* _AIM OF THE EXERCISE_:
Reproduce the records exactly, beginning with their first line and ending with the line that contains "Quiet (s ∷ t", and output nothing more.

Collected data:
== == ==

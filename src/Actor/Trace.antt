-- ===== src/Actor/Trace.antt =====
-- The steps that `run_actor_loop` of orchestrator/actor_loop.py takes between two states of its loop.
use tempa.Base.{
  ℕ, zero, suc, String, Bool, true, false, not, ◌&&◌, Option, none, some, List, [], ◌∷◌, ◌++◌, ◌==◌,
  any, length, ◌≡◌, ◌≤◌, refl, sym, ap, ◌∙◌, arith, inl, inr, Bool-cases,
}
use mathlib.Core.List.{append-nil, append_assoc}
use mathlib.Core.Option
use tempa.Base.Value.{Row}
use tempa.Base.Dict
use tempa.Base.Dict.{Dict, get-put}
use tempa.Waves.{Task}
use tempa.Actor.State.{Step, Context, Outside, State}
use tempa.Actor.Check.{verify_step, facts_of, entry, observed, observe_step}
use tempa.Actor.Plan.{Config, Decision, replan, ask_owner, fail_replan}
use tempa.Actor.Loop.{
  Run, Next, go, pause, clarify, broken, recorded, after_record, step_pauses, record_step, follow,
  recover, replan_or_clarify, decide, step_id, task_text, with_result, after_run, step, steps,
  proceed, registered, text_or,
}

-- What the steps and their results are, of the loop's variables.
abbrev pub view : {W : Type 0} → Run W → List Step × Dict String
view r = (r.ctx.step_results, r.results)

-- The results after some steps.
abbrev pub put_steps : List Step → Dict String → Dict String
put_steps [] d = d
put_steps (s ∷ steps) d = put_steps steps (Dict.put d s.agent s.result)

abbrev is_pause : Next → Bool
is_pause (go queue) = false
is_pause pause = true
is_pause (clarify question) = false
is_pause broken = false

abbrev pub is_paused : Option (Bool × Option String) → Bool
is_paused none = false
is_paused (some (paused, question)) = paused

module _ {W : Type 0} (o : Outside W) (config : Config) where
  -- The result of the step waits for the owner.
  abbrev pub pauses : Step → Bool
  pauses s = step_pauses o config s.agent s.result

  -- Every step but the last does not.
  abbrev pub Quiet : List Step → Type 0
  Quiet [] = Unit
  Quiet (s ∷ []) = Unit
  Quiet (s ∷ t ∷ steps) = (pauses s ≡ false) × Quiet (t ∷ steps)

  cons-Quiet : (s : Step) (new : List Step) → pauses s ≡ false → Quiet new → Quiet (s ∷ new)
  cons-Quiet s [] h q = tt
  cons-Quiet s (t ∷ new) h q = (h, q)

  view-registered :
      (question : String) (r : Run W) → view (registered o config (some question) r) ≡ view r
  view-registered question r = elim (Bool-cases (question == "")) [
    | inl e ↦ rw e refl
    | inr e ↦ rw e refl
  ]

  view-follow : (d : Decision) (r : Run W) → view (follow o config d r).1 ≡ view r
  unfolding follow
  view-follow (replan []) r = refl
  view-follow (replan (t ∷ tasks)) r = refl
  view-follow fail_replan r = refl
  view-follow (ask_owner question) r = view-registered question r

  is_pause-follow : (d : Decision) (r : Run W) → is_pause (follow o config d r).0 ≡ false
  unfolding follow
  is_pause-follow (replan []) r = refl
  is_pause-follow (replan (t ∷ tasks)) r = refl
  is_pause-follow fail_replan r = refl
  is_pause-follow (ask_owner question) r = refl

  recover-Sound :
      (user_message agent reason : String) (rest : List Task) (r : Run W)
      → (view (recover o config user_message agent reason rest r).1 ≡ view r)
        × (is_pause (recover o config user_message agent reason rest r).0 ≡ false)
  unfolding recover
  recover-Sound user_message agent reason rest r =
      let (decision, w) =
        replan_or_clarify o config user_message agent reason r.ctx rest r.state.world in
      let r' : Run W = record r { state = record r.state { world = w } } in
      (view-follow decision r', is_pause-follow decision r')

  -- The decision about the next step changes no results, and pauses where the step's result does.
  decide-Sound :
      (user_message agent raw : String) (rest : List Task) (r : Run W)
      → (view (decide o config user_message agent raw rest r).1 ≡ view r)
        × (is_pause (decide o config user_message agent raw rest r).0
            ≡ step_pauses o config agent raw)
  unfolding decide
  decide-Sound user_message agent raw rest r = elim (Bool-cases (step_pauses o config agent raw)) [
    | inl held ↦ rw held (refl, refl)
    | inr free ↦
        let (ok, reason) = verify_step agent raw (o.parse raw) in
        elim (Bool-cases (not ok && not (reason == "pending"))) [
          | inl bad ↦ rw (free, bad) (recover-Sound user_message agent reason rest r)
          | inr good ↦ rw (free, good) (refl, refl)
        ]
  ]

  -- What a round leaves: nothing where it was cancelled or raised, otherwise one more step.
  abbrev Outcome : Run W → Option Next × Run W → Type 0
  Outcome r (none, r') = view r' ≡ view r
  Outcome r (some next, r') =
      (s : Step) × (view r' ≡ (r.ctx.step_results ++ s ∷ [], Dict.put r.results s.agent s.result))
      × (pauses s ≡ is_pause next)

  after_record-Outcome :
      (user_message agent raw subtask_id task : String) (payload : Option Row) (rest : List Task)
      (ctx : Context) (r : Run W) (facts : Option (List String))
      → ctx.step_results ≡ r.ctx.step_results
      → Outcome r (
          after_record o config user_message agent raw rest r (
            Option.map
              (recorded o config agent raw r)
              (Option.map (λ f. observed f agent raw subtask_id task payload ctx) facts)))
  after_record-Outcome user_message agent raw subtask_id task payload rest ctx r none e = refl
  after_record-Outcome user_message agent raw subtask_id task payload rest ctx r (some f) e =
      let r' = recorded o config agent raw r (observed f agent raw subtask_id task payload ctx) in
      let d = decide-Sound user_message agent raw rest r' in
      let s = entry agent raw subtask_id task payload in
      (s, d.0 ∙ ap (λ xs. (xs ++ s ∷ [], Dict.put r.results agent raw)) e, sym d.1)

  after_run-Outcome :
      (idx : ℕ) (user_message : String) (t : Task) (rest : List Task) (r : Run W)
      (result : Option String × State W)
      → Outcome r (after_run o config idx user_message t rest r result)
  unfolding record_step observe_step
  after_run-Outcome idx user_message t rest r (none, s) = refl
  after_run-Outcome idx user_message t rest r (some raw, s) =
      after_record-Outcome user_message (text_or t.agent) raw (step_id idx t)
        (task_text user_message t) (o.parse raw) rest (with_result (text_or t.agent) raw r.ctx)
        (record r { state = s }) (facts_of o.size (text_or t.agent) raw (o.parse raw)) refl

  step-Outcome :
      (task_id user_message : String) (idx : ℕ) (t : Task) (rest : List Task) (r : Run W)
      → Outcome r (step o config task_id user_message idx t rest r)
  unfolding step
  step-Outcome task_id user_message idx t rest r =
      elim (Bool-cases (o.is_cancelled r.state.world)) [
        | inl e ↦ rw e refl
        | inr e ↦ rw e (after_run-Outcome idx user_message t rest r _)
      ]

  -- What the loop leaves: some steps after those before, no more than remained, of which the last
  -- alone may pause, and does where the loop ends in a pause.
  abbrev pub Trace : ℕ → Run W → Option (Bool × Option String) × Run W → Type 0
  Trace left r (end, r') =
      (new : List Step) × (view r' ≡ (r.ctx.step_results ++ new, put_steps new r.results))
      × (length new ≤ left)
      × Quiet new
      × (any pauses new ≡ is_paused end)

  no_steps-Trace :
      (left : ℕ) (end : Option (Bool × Option String)) (r r' : Run W)
      → is_paused end ≡ false
      → view r' ≡ view r
      → Trace left r (end, r')
  no_steps-Trace left end r r' e v = (
    [],
    v ∙ ap (λ xs. (xs, r.results)) (sym (append-nil r.ctx.step_results)),
    omega arith,
    tt,
    sym e,
  )

  -- A round before a loop: the step comes first.
  round-Trace :
      (left : ℕ) (s : Step) (r r' : Run W) (next : Next)
      (out : Option (Bool × Option String) × Run W)
      → view r' ≡ (r.ctx.step_results ++ s ∷ [], Dict.put r.results s.agent s.result)
      → pauses s ≡ false
      → Trace left r' out
      → Trace (suc left) r out
  round-Trace left s r r' next out v h (new, view_new, bound, quiet, ends) = (
    s ∷ new,
    view_new
        ∙ ap (λ p. (p.0 ++ new, put_steps new p.1)) v
        ∙ ap (λ xs. (xs, put_steps (s ∷ new) r.results))
            (append_assoc r.ctx.step_results (s ∷ []) new),
    omega (arith, bound),
    cons-Quiet s new h quiet,
    rw h ends,
  )

  proceed-Trace :
      (left : ℕ) (r : Run W) (continue : List Task → Run W → Option (Bool × Option String) × Run W)
      (round : Option Next × Run W)
      → Outcome r round
      → ((queue : List Task) (r' : Run W) → Trace left r' (continue queue r'))
      → Trace (suc left) r (proceed o config continue round)
  proceed-Trace left r continue (none, r') v later = no_steps-Trace (suc left) none r r' refl v
  proceed-Trace left r continue (some (go queue), r') (s, v, h) later =
      round-Trace left s r r' (go queue) (continue queue r') v h (later queue r')
  proceed-Trace left r continue (some broken, r') (s, v, h) later =
      (s ∷ [], v, omega arith, tt, rw h refl)
  proceed-Trace left r continue (some pause, r') (s, v, h) later =
      (s ∷ [], v, omega arith, tt, rw h refl)
  proceed-Trace left r continue (some (clarify question), r') (s, v, h) later =
      (s ∷ [], v, omega arith, tt, rw h refl)

  pub steps-Trace :
      (task_id user_message : String) (left idx : ℕ) (queue : List Task) (r : Run W)
      → Trace left r (steps o config task_id user_message left idx queue r)
  unfolding steps
  steps-Trace task_id user_message zero idx queue r =
      no_steps-Trace zero (some (false, none)) r r refl refl
  steps-Trace task_id user_message (suc left) idx [] r =
      no_steps-Trace (suc left) (some (false, none)) r r refl refl
  steps-Trace task_id user_message (suc left) idx (t ∷ rest) r =
      proceed-Trace left r (steps o config task_id user_message left (suc idx))
        (step o config task_id user_message idx t rest r)
        (step-Outcome task_id user_message idx t rest r)
        (steps-Trace task_id user_message left (suc idx))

== == ==

* _FINISHED TASK_:
filename src/Actor/Trace.antt
-- ===== src/Actor/Trace.antt =====
-- The steps that `run_actor_loop` of orchestrator/actor_loop.py takes between two states of its loop.
use tempa.Base.{
  ℕ, zero, suc, String, Bool, true, false, not, ◌&&◌, Option, none, some, List, [], ◌∷◌, ◌++◌, ◌==◌,
  any, length, ◌≡◌, ◌≤◌, refl, sym, ap, ◌∙◌, arith, inl, inr, Bool-cases,
}
use mathlib.Core.List.{append-nil, append_assoc}
use mathlib.Core.Option
use tempa.Base.Value.{Row}
use tempa.Base.Dict
use tempa.Base.Dict.{Dict, get-put}
use tempa.Waves.{Task}
use tempa.Actor.State.{Step, Context, Outside, State}
use tempa.Actor.Check.{verify_step, facts_of, entry, observed, observe_step}
use tempa.Actor.Plan.{Config, Decision, replan, ask_owner, fail_replan}
use tempa.Actor.Loop.{
  Run, Next, go, pause, clarify, broken, recorded, after_record, step_pauses, record_step, follow,
  recover, replan_or_clarify, decide, step_id, task_text, with_result, after_run, step, steps,
  proceed, registered, text_or,
}

-- What the steps and their results are, of the loop's variables.
abbrev pub view : {W : Type 0} → Run W → List Step × Dict String
view r = (r.ctx.step_results, r.results)

-- The results after some steps.
abbrev pub put_steps : List Step → Dict String → Dict String
put_steps [] d = d
put_steps (s ∷ steps) d = put_steps steps (Dict.put d s.agent s.result)

abbrev is_pause : Next → Bool
is_pause (go queue) = false
is_pause pause = true
is_pause (clarify question) = false
is_pause broken = false

abbrev pub is_paused : Option (Bool × Option String) → Bool
is_paused none = false
is_paused (some (paused, question)) = paused

module _ {W : Type 0} (o : Outside W) (config : Config) where
  -- The result of the step waits for the owner.
  abbrev pub pauses : Step → Bool
  pauses s = step_pauses o config s.agent s.result

  -- Every step but the last does not.
  abbrev pub Quiet : List Step → Type 0
  Quiet [] = Unit
  Quiet (s ∷ []) = Unit
  Quiet (s ∷ t ∷ steps) = (pauses s ≡ false) × Quiet (t ∷ steps)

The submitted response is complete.